EDIT : s/skip/shift/, merci aux betatesteurs vigilants.Last edited by TGL on Fri Apr 28, 2006 6:11 pm; edited 1 time in total

----------

## truc

Merci beaucoup, ça faisait un moement que je voulais l'essayé.. et finalement c'est fait  :Smile:  Alors, ça m'a permis de faire le ménage un peu, d'enlever notament des paquets installés par l'overlay de xgl-coffee, et qui était slottés, donc même après avoir viré l'overlay, il restait quelques résidus..

Merci, bon boulot:) j'aurai aimé avoir un commentaire constructif à faire mais j'vois pas..

Ah si, je demande l'authorisation de lui éborgner légèrement son nom, car il commence par find.. ça m'embète un peu.. Na!
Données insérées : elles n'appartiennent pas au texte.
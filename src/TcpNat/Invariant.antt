-- ===== src/TcpNat/Invariant.antt =====
-- The invariant that ties the two maps of crates/clash-tun/src/nat.rs together, and that `lookup`
-- and `lookup_back` keep it.
use rust_clash.Common.{
  ℕ, ◌≤◌, ◌<◌, ◌≡◌, refl, none, some, arith, lookup, insert, nat_eq, Inverse, Inverse-overwrite,
  Inverse-insert, Bool-cases, Option-cases, inl, inr, false, contains_key, none_of_not-is_some,
  List, IsMap, insert-IsMap, AllKeys-insert, ◌||◌, ◌==◌,
}
use rust_clash.Net.{SocketAddrV4, addr_eq, addr_beq}
use rust_clash.TcpNat.{TcpSession, Inner, new, refresh, claim, lookup_inner, lookup_back_inner}
use rust_clash.TcpNat.Search.{IsIndex, InRange, search_port_range}

abbrev pub IsPort : ℕ → Type 0
IsPort p = (10000 ≤ p) × (p < 65536)

-- Each map is the inverse of the other, each port lies in the range, and the index is valid.
pub record IsConsistent (g : Inner) : Type 0 where
  pub inverse : Inverse (λ (s : TcpSession). s.source) g.addr_map g.port_map
  pub range : (p : ℕ) (s : TcpSession) → lookup p g.port_map ≡ some s → IsPort p
  pub distinct : IsMap g.port_map
  pub index : IsIndex g.port_index

pub new-IsConsistent : (timeout : ℕ) → IsConsistent (new timeout).gate
unfolding new lookup
new-IsConsistent timeout = record {
  inverse = record { forward = λ a p h. cc; backward = λ p s h. cc };
  range = λ p s h. cc;
  distinct = tt;
  index = omega arith;
}

-- Writing a session with the same source over an old one.
overwrite-IsConsistent :
    (g : Inner) (p : ℕ) (old s : TcpSession)
    → IsConsistent g
    → lookup p g.port_map ≡ some old
    → s.source ≡ old.source
    → IsConsistent (record g { port_map = insert p s g.port_map })
overwrite-IsConsistent g p old s c h e = record {
  inverse = Inverse-overwrite _ _ _ c.inverse p old s h e;
  range = AllKeys-insert IsPort p s g.port_map (c.range p old h) c.range;
  distinct = insert-IsMap p s g.port_map c.distinct;
  index = c.index;
}

pub refresh-IsConsistent :
    (now : ℕ) (a d : SocketAddrV4) (p : ℕ) (g : Inner)
    → IsConsistent g
    → IsConsistent (refresh now a d p g)
unfolding refresh
refresh-IsConsistent now a d p g c = elim (Option-cases (lookup p g.port_map)) [
  | inl no_session ↦ rw (no_session, refresh) c
  | inr (s, h) ↦
      rw (h, refresh)
        (elim (Bool-cases (addr_beq s.destination d)) [
          | inl same ↦ rw same (overwrite-IsConsistent g p s _ c h refl)
          | inr changed ↦ rw changed (overwrite-IsConsistent g p s _ c h refl)
        ])
]

claim_free :
    (p : ℕ) (ports : List (ℕ × TcpSession))
    → (p == 0 || contains_key p ports) ≡ false
    → lookup p ports ≡ none
claim_free p ports h = none_of_not-is_some (lookup p ports) (ground arith)

pub claim-IsConsistent :
    (now : ℕ) (a d : SocketAddrV4) (r : ℕ × ℕ) (g : Inner)
    → IsConsistent g
    → InRange r
    → lookup a g.addr_map ≡ none
    → IsConsistent (claim now a d r g).1
unfolding claim
claim-IsConsistent now a d (p, i) g c r fresh =
    elim (Bool-cases (p == 0 || contains_key p g.port_map)) [
      | inl full ↦
          rw full
            (record { inverse = c.inverse; range = c.range; distinct = c.distinct; index = r.2 })
      | inr found ↦ rw found (record {
        inverse = Inverse-insert _ _ _ c.inverse p _ (claim_free p _ found) fresh;
        range = AllKeys-insert IsPort p _ g.port_map (r.0, r.1) c.range;
        distinct = insert-IsMap p _ g.port_map c.distinct;
        index = r.2;
      })
    ]

-- `lookup` keeps the invariant, whichever branch it takes.
pub lookup_inner-IsConsistent :
    (now : ℕ) (a d : SocketAddrV4) (g : Inner)
    → IsConsistent g
    → IsConsistent (lookup_inner now a d g).1
unfolding lookup_inner
lookup_inner-IsConsistent now a d g c = elim (Option-cases (lookup a g.addr_map)) [
  | inl fresh ↦
      rw (fresh, lookup_inner)
        (claim-IsConsistent now a d _ g c (search_port_range g.port_map 55534 0 _ c.index) fresh)
  | inr (p, h) ↦ rw (h, lookup_inner) (refresh-IsConsistent now a d p g c)
]

pub lookup_back_inner-IsConsistent :
    (now p : ℕ) (g : Inner) → IsConsistent g → IsConsistent (lookup_back_inner now p g).1
unfolding lookup_back_inner
lookup_back_inner-IsConsistent now p g c = elim (Option-cases (lookup p g.port_map)) [
  | inl miss ↦ rw (miss, lookup_back_inner) c
  | inr (s, h) ↦ rw (h, lookup_back_inner) (overwrite-IsConsistent g p s _ c h refl)
]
EDIT:Juste un question rapide quand même:

```
    --) skip ; break ;;
```

 ce skip c'est quoi normalement car, j'ai consciemment essayé du coup et...

```
$ find-duplicate-installed-ebuilds --

/home/scripts/find-duplicate-installed-ebuilds: line 47: skip: command not found

```

 :Question: 

----------

## Ey

 *truc wrote:*   

> EDIT:Juste un question rapide quand même:
> 
> ```
>     --) skip ; break ;;
> ```
> ...

 

Faut le remplacer par un shift sauf erreur de ma part...

le -- c'est pour lui dire que ce qui suit est forcément plus une option, donc tu shift le -- pour passer à l'arg suivant puis le break pour terminer la lecture des options

----------

## truc

ça me semble logique.. merci:) j'n'y avais pas pensé..

----------

## PabOu

yop ;)

Chouette script sauf qu'il ne fonctionne pas comme voulu chez moi...

Je lance le script sans lui ajouter de paramètres et voici ce qu'il me sort : *le script de TGL wrote:*   

> root@framboise ~ # ./find-duplicates-installed-ebuilds.sh
> 
> app-arch/cpio-2.6-r5:
> 
>   [+] /usr/portage
> ...

 

Aucun des paquets cités ne se trouve dans mon world.

J'ai beaucoup plus de paquets que ca d'installés ;)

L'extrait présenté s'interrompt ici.